→ Aim of the task
Search the records below for the string "elim", and report each line that contains it.

→ Source data
──────────

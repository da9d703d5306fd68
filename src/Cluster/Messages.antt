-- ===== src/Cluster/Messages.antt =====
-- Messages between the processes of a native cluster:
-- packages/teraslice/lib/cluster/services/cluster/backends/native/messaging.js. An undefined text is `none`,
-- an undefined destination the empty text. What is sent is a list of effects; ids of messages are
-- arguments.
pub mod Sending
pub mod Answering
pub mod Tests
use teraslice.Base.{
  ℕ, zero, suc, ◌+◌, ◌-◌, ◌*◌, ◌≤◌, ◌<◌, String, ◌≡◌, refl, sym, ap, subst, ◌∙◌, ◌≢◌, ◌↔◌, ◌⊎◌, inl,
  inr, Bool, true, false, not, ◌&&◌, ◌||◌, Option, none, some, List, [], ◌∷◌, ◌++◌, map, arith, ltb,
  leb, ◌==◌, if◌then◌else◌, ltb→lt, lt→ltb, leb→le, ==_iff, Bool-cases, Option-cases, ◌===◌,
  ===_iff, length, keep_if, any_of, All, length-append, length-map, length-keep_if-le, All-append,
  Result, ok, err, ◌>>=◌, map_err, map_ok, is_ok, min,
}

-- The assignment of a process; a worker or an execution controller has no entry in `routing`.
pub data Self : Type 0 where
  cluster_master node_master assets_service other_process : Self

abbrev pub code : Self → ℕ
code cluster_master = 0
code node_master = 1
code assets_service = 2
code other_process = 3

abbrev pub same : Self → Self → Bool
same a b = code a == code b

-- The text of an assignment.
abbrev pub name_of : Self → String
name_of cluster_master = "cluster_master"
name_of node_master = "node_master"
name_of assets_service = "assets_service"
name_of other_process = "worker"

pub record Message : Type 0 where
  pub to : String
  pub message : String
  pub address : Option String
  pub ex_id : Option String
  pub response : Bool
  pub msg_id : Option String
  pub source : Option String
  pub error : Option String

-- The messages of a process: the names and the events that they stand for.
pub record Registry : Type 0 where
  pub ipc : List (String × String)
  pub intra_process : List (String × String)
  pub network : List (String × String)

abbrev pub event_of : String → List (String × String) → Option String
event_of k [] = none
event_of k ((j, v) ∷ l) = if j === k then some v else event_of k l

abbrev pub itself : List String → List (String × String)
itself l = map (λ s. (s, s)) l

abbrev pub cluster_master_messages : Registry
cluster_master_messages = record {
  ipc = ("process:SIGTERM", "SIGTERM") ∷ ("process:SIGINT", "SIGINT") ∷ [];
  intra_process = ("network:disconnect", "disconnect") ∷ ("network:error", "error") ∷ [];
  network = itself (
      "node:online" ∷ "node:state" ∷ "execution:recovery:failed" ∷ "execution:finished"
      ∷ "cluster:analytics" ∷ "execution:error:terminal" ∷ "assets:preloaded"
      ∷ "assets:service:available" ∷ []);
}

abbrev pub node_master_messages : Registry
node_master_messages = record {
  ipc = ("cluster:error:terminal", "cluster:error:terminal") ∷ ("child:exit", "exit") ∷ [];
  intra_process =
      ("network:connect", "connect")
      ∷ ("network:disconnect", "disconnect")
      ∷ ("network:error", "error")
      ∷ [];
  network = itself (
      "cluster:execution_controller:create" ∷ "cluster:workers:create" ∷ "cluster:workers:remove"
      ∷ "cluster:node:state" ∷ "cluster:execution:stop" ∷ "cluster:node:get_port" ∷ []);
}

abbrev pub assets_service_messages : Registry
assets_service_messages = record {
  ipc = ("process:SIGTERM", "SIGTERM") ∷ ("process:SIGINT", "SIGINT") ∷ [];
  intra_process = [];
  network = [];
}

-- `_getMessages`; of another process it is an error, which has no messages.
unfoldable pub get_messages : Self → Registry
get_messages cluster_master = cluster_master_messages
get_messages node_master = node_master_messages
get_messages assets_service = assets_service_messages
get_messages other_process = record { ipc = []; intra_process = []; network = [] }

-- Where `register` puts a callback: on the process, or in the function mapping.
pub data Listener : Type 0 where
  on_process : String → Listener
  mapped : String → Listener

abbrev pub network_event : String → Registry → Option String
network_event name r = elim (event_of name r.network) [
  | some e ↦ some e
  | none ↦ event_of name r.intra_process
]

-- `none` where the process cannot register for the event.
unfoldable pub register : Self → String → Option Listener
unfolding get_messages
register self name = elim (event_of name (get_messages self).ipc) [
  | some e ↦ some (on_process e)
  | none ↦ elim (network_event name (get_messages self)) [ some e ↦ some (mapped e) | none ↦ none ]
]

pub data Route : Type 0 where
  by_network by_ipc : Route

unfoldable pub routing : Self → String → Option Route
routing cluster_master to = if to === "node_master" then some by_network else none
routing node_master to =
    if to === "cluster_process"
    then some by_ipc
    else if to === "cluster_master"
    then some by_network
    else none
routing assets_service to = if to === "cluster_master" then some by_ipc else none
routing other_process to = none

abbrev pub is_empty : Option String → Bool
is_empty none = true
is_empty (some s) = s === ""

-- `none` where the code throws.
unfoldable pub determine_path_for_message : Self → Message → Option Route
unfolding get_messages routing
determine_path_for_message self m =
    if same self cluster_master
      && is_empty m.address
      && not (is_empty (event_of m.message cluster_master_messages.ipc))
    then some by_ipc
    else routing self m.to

──────────

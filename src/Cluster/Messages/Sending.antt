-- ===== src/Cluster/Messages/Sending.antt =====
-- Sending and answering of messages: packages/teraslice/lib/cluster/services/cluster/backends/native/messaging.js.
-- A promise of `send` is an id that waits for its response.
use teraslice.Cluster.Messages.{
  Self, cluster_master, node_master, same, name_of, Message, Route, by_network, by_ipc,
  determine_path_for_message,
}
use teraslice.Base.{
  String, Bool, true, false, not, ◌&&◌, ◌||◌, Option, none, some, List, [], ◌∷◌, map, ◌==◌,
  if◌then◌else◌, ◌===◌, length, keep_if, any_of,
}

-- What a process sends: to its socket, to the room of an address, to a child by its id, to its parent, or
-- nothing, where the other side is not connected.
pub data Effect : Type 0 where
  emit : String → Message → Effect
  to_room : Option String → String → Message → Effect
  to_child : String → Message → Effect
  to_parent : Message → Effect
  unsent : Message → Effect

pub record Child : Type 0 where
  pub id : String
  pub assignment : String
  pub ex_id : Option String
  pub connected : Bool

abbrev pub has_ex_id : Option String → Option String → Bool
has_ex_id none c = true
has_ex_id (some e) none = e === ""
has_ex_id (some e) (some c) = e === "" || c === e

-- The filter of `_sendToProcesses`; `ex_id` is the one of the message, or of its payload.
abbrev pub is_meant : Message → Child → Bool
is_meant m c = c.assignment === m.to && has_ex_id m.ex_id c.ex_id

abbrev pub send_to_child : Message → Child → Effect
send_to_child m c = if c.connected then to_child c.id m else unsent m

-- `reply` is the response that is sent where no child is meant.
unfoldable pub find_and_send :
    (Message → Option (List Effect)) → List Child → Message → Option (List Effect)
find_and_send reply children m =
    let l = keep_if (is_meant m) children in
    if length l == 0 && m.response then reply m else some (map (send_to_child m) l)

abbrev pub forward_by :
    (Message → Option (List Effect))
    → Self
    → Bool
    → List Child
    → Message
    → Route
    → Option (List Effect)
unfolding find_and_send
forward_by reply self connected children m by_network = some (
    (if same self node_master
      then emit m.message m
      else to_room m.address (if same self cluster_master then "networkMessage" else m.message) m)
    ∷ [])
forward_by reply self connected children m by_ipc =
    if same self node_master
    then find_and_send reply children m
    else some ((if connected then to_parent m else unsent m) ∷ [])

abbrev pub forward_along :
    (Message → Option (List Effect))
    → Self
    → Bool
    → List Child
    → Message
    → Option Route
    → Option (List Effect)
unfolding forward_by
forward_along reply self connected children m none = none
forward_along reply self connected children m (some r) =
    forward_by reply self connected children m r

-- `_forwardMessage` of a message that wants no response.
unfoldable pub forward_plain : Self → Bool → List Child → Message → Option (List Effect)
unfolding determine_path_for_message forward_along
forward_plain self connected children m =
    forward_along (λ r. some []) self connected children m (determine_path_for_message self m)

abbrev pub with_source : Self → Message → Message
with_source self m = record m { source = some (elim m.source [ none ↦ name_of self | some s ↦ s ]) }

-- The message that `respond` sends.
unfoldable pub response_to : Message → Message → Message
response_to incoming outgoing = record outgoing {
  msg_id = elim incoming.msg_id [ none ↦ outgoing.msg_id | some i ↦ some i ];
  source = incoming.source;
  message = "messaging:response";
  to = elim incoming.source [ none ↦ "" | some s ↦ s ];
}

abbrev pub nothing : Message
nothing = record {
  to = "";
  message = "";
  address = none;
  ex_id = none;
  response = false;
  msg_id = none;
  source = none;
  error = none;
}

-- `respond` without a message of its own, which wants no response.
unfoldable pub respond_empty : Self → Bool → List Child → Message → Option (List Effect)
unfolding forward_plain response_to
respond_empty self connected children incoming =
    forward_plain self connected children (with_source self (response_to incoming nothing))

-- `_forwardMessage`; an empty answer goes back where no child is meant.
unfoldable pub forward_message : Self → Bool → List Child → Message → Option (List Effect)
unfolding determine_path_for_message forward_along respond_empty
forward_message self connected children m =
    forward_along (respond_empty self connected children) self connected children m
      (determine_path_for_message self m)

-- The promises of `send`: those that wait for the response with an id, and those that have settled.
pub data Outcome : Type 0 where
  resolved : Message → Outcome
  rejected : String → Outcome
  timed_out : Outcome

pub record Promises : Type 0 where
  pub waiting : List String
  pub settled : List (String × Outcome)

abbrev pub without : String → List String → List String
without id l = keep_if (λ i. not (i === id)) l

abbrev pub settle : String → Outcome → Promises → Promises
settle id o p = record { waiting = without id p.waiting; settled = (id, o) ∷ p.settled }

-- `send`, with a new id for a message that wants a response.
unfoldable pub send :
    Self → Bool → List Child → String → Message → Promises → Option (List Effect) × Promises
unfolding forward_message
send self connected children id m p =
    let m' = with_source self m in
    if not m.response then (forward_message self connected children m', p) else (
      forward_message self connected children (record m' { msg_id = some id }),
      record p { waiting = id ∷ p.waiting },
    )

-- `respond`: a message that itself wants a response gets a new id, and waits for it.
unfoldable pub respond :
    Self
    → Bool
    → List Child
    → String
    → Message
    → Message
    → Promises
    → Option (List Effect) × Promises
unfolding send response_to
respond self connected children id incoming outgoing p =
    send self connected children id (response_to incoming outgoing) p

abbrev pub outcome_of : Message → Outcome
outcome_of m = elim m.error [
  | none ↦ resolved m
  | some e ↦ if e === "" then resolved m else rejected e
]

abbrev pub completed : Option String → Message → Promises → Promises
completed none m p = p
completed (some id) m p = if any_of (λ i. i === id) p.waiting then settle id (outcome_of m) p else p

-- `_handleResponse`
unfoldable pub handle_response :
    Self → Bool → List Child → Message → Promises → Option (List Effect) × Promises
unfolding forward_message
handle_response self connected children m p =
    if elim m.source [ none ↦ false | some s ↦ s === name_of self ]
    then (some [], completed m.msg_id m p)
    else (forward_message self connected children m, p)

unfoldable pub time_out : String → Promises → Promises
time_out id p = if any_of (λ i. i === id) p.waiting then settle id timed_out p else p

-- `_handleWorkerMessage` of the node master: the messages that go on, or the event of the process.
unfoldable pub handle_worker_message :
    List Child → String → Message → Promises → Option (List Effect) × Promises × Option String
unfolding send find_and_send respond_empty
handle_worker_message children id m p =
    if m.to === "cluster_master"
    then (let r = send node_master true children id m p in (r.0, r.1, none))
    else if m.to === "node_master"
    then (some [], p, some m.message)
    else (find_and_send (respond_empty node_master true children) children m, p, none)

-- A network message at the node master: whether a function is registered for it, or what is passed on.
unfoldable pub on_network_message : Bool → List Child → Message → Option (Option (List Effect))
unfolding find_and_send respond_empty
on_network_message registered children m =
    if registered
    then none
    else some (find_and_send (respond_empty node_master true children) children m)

──────────

→ Solution to this exercise
network_event name r = elim (event_of name r.network) [
register self name = elim (event_of name (get_messages self).ipc) [
  | none ↦ elim (network_event name (get_messages self)) [ some e ↦ some (mapped e) | none ↦ none ]
with_source self m = record m { source = some (elim m.source [ none ↦ name_of self | some s ↦ s ]) }
  msg_id = elim incoming.msg_id [ none ↦ outgoing.msg_id | some i ↦ some i ];
  to = elim incoming.source [ none ↦ "" | some s ↦ s ];
outcome_of m = elim m.error [
    if elim m.source [ none ↦ false | some s ↦ s === name_of self ]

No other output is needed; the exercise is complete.